#### Provided information ####
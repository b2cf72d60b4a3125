-- ===== src/Ashrae/Sensor/Scores.antt =====
-- The scores of Next.
use twinval_go_backend.Prelude.{ℕ, ◌≤◌, ◌^◌, ◌≡◌, inl, inr, arith, Bool-cases, All}
use twinval_go_backend.Prelude.Text.{Text}
use twinval_go_backend.Float.{Float64, IsIeee, IsNum, IsFinite, IsUnit, fl, ◌⊖◌, ◌≼◌, ◌≤?◌}
use twinval_go_backend.Float.Order.{
  clamp, clamp_bounds, clamp-IsUnit, clamp_nan, complement-IsUnit, fl-IsFinite,
}
use twinval_go_backend.Float.Scale.{scaled_bounds}
use twinval_go_backend.Condition.Types.{RawSensorReading, PropertyMeta}
use twinval_go_backend.Ashrae.Sampling.{SensorLibrary, clamp01, round1, round4, weather_reading}
use twinval_go_backend.Ashrae.Sensor.{SensorEngine, SensorReading, next, to_raw_sensor_batch}
use twinval_go_backend.Ashrae.Sensor.Ranges.{IsMeasured, Fits, scale, to_raw_sensor_batch-Fits}

-- What package math says of Round: it is monotone, keeps whole numbers, and passes NaN on.
pub record Rounds {W G : Type 0} ⦃d : Float64 W⦄ (lib : SensorLibrary W G) : Type 0 where
  pub round_mono : (x y : W) → x ≼ y → lib.round x ≼ lib.round y
  pub round_fl : (n : ℕ) → n ≤ 10 ^ 9 → lib.round (fl n) ≡ fl n
  pub IsNum-of_round : (x : W) → IsNum (lib.round x) → IsNum x

module _ {W : Type 0} ⦃d : Float64 W⦄ where
  -- What the batch takes of a reading is no NaN.
  pub record IsNumeric (r : SensorReading W) : Type 0 where
    pub vibration : IsNum r.vibration
    pub strain : IsNum r.strain
    pub occupancy : IsNum r.occupancy
    pub electrical_load : IsNum r.electrical_load
    pub air_quality : IsNum r.air_quality
    pub humidity : IsNum r.weather.humidity_pct

module _ {W G : Type 0} ⦃d : Float64 W⦄ (laws : IsIeee W) (lib : SensorLibrary W G)
    (rounds : Rounds lib) where
  open laws use {
    IsNum-of_le, is_inf_between, mul-IsNum, mul_mono_right, decimal_mono, fl_mul, fl_div,
    IsNum-of_div, IsNum-of_mul, IsNum-of_sub, div_mono, zero_div, div_self, decimal_lt,
  }

  clamp-IsNum : (v lo hi : W) → IsNum (clamp v lo hi) → IsNum v
  clamp-IsNum v lo hi n = elim (Bool-cases (v ≤? v)) [
    | inl e ↦ e
    | inr e ↦
        let not_num : ¬ IsNum v = λ h. ground arith in
        absurd (not_num (rw (clamp_nan laws v lo hi not_num) at n))
  ]

  clamp01-IsUnit : (v : W) → IsNum (clamp01 v) → IsUnit (clamp01 v)
  clamp01-IsUnit v n = clamp-IsUnit laws v (clamp-IsNum v (fl 0) (fl 1) n)

  -- Rounding to four decimals stays in range, and invents no number.
  round4-IsUnit : (v : W) → IsUnit v → IsUnit (round4 lib v)
  unfolding round4
  round4-IsUnit v u =
      let (low, high) = scaled_bounds laws v 100_000_000 (omega arith) u in
      let c = fl-IsFinite laws 10_000 (omega arith) in
      let p = decimal_lt 0 100_000_000 (omega arith) (omega arith) in
      let a = div_mono _ _ _ c p (rounds.round_mono _ _ low) in
      let b = div_mono _ _ _ c p (rounds.round_mono _ _ high) in
      (
        rw (rounds.round_fl 0 (omega arith), zero_div _ c p) at a,
        rw (rounds.round_fl 10_000 (omega arith), div_self _ c p) at b,
      )

  round4-IsNum : (v : W) → IsNum (round4 lib v) → IsNum v
  unfolding round4
  round4-IsNum v n = (IsNum-of_mul _ _ (rounds.IsNum-of_round _ (IsNum-of_div _ _ n).0)).0

  score-IsUnit : (v : W) → IsNum (round4 lib (clamp01 v)) → IsUnit (round4 lib (clamp01 v))
  score-IsUnit v n = round4-IsUnit (clamp01 v) (clamp01-IsUnit v (round4-IsNum (clamp01 v) n))

  inverse_score-IsUnit :
      (v : W) → IsNum (round4 lib (fl 1 ⊖ clamp01 v)) → IsUnit (round4 lib (fl 1 ⊖ clamp01 v))
  inverse_score-IsUnit v n = round4-IsUnit (fl 1 ⊖ clamp01 v) (
      complement-IsUnit laws (clamp01 v)
        (clamp01-IsUnit v (IsNum-of_sub _ _ (round4-IsNum (fl 1 ⊖ clamp01 v) n)).1))

  -- Rounding to one decimal keeps the range of the humidity.
  round1-Between :
      (v : W) → (fl 20 ≼ v) × (v ≼ fl 100) → (fl 20 ≼ round1 lib v) × (round1 lib v ≼ fl 100)
  unfolding round1
  round1-Between v (p, q) =
      let low = fl-IsFinite laws 20 (omega arith) in
      let high = fl-IsFinite laws 100 (omega arith) in
      let ten = fl-IsFinite laws 10 (omega arith) in
      let nonneg = decimal_mono 0 100_000 (omega arith) in
      let f : IsFinite v = ((IsNum-of_le _ _ p).1, is_inf_between _ v _ p q low.1 high.1) in
      let n = mul-IsNum v (fl 10) f ten in
      let a = mul_mono_right _ _ _ nonneg p (mul-IsNum _ _ low ten) n in
      let b = mul_mono_right _ _ _ nonneg q n (mul-IsNum _ _ high ten) in
      let c = decimal_lt 0 100_000 (omega arith) (omega arith) in
      (
        rw
            (
              fl_mul 20 10 (omega arith) (omega arith) (omega arith),
              rounds.round_fl 200 (omega arith),
              fl_div 20 10 (omega arith) (omega arith),
            )
            at (div_mono _ _ _ ten c (rounds.round_mono _ _ a)),
        rw
            (
              fl_mul 100 10 (omega arith) (omega arith) (omega arith),
              rounds.round_fl 1000 (omega arith),
              fl_div 100 10 (omega arith) (omega arith),
            )
            at (div_mono _ _ _ ten c (rounds.round_mono _ _ b)),
      )

  humidity-Between :
      (v : W)
      → IsNum (round1 lib (clamp v (fl 20) (fl 100)))
      → (fl 20 ≼ round1 lib (clamp v (fl 20) (fl 100)))
        × (round1 lib (clamp v (fl 20) (fl 100)) ≼ fl 100)
  unfolding round1
  humidity-Between v n =
      let clamped = (IsNum-of_mul _ _ (rounds.IsNum-of_round _ (IsNum-of_div _ _ n).0)).0 in
      round1-Between _ (
        clamp_bounds laws v (fl 20) (fl 100) (clamp-IsNum v (fl 20) (fl 100) clamped)
          (decimal_mono 200_000 1_000_000 (omega arith)))

  next-IsMeasured : (e : SensorEngine W G) → IsNumeric (next lib e).0 → IsMeasured (next lib e).0
  unfolding next weather_reading
  next-IsMeasured e n = record {
    vibration = score-IsUnit _ n.vibration;
    strain = score-IsUnit _ n.strain;
    occupancy = score-IsUnit _ n.occupancy;
    electrical_load = score-IsUnit _ n.electrical_load;
    air_quality = inverse_score-IsUnit _ n.air_quality;
    humidity = humidity-Between _ n.humidity;
  }

  -- One hour of an engine whose results are no NaN: the batch that ToRawSensorBatch makes of Next
  -- has the eight sensors in this order, seven of them in their physical ranges: vibration from 0 to
  -- 0.5 m/s², strain to 1000 microstrain, PM2.5 to 100 µg/m³, occupancy and load to 1, water
  -- from 0.3 to 0.3 + 0.4, and humidity from 20 to 100 percent. The temperature, which the engine
  -- does not clamp, is the weather's. All timestamps are the window's end.
  pub next-Fits :
      (e : SensorEngine W G) (id : Text) (meta : PropertyMeta W) (days : W)
      → IsNumeric (next lib e).0
      → let r = (next lib e).0 in
        let batch = to_raw_sensor_batch lib r id meta days in
        Fits (scale r) batch.readings
        × All (λ (q : RawSensorReading W). q.timestamp_ns ≡ batch.window_end_ns) batch.readings
  next-Fits e id meta days n =
      to_raw_sensor_batch-Fits laws lib (next lib e).0 id meta days (next-IsMeasured e n)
####
### Aim of the exercise
Extract from the listing above the lines between the line containing "inverse_score-IsUnit v n" and the line containing "round1-Between v (p, q)", keeping both of those lines. Output nothing else.

### Solved exercise
  inverse_score-IsUnit v n = round4-IsUnit (fl 1 ⊖ clamp01 v) (
      complement-IsUnit laws (clamp01 v)
        (clamp01-IsUnit v (IsNum-of_sub _ _ (round4-IsNum (fl 1 ⊖ clamp01 v) n)).1))

  -- Rounding to one decimal keeps the range of the humidity.
  round1-Between :
      (v : W) → (fl 20 ≼ v) × (v ≼ fl 100) → (fl 20 ≼ round1 lib v) × (round1 lib v ≼ fl 100)
  unfolding round1
  round1-Between v (p, q) =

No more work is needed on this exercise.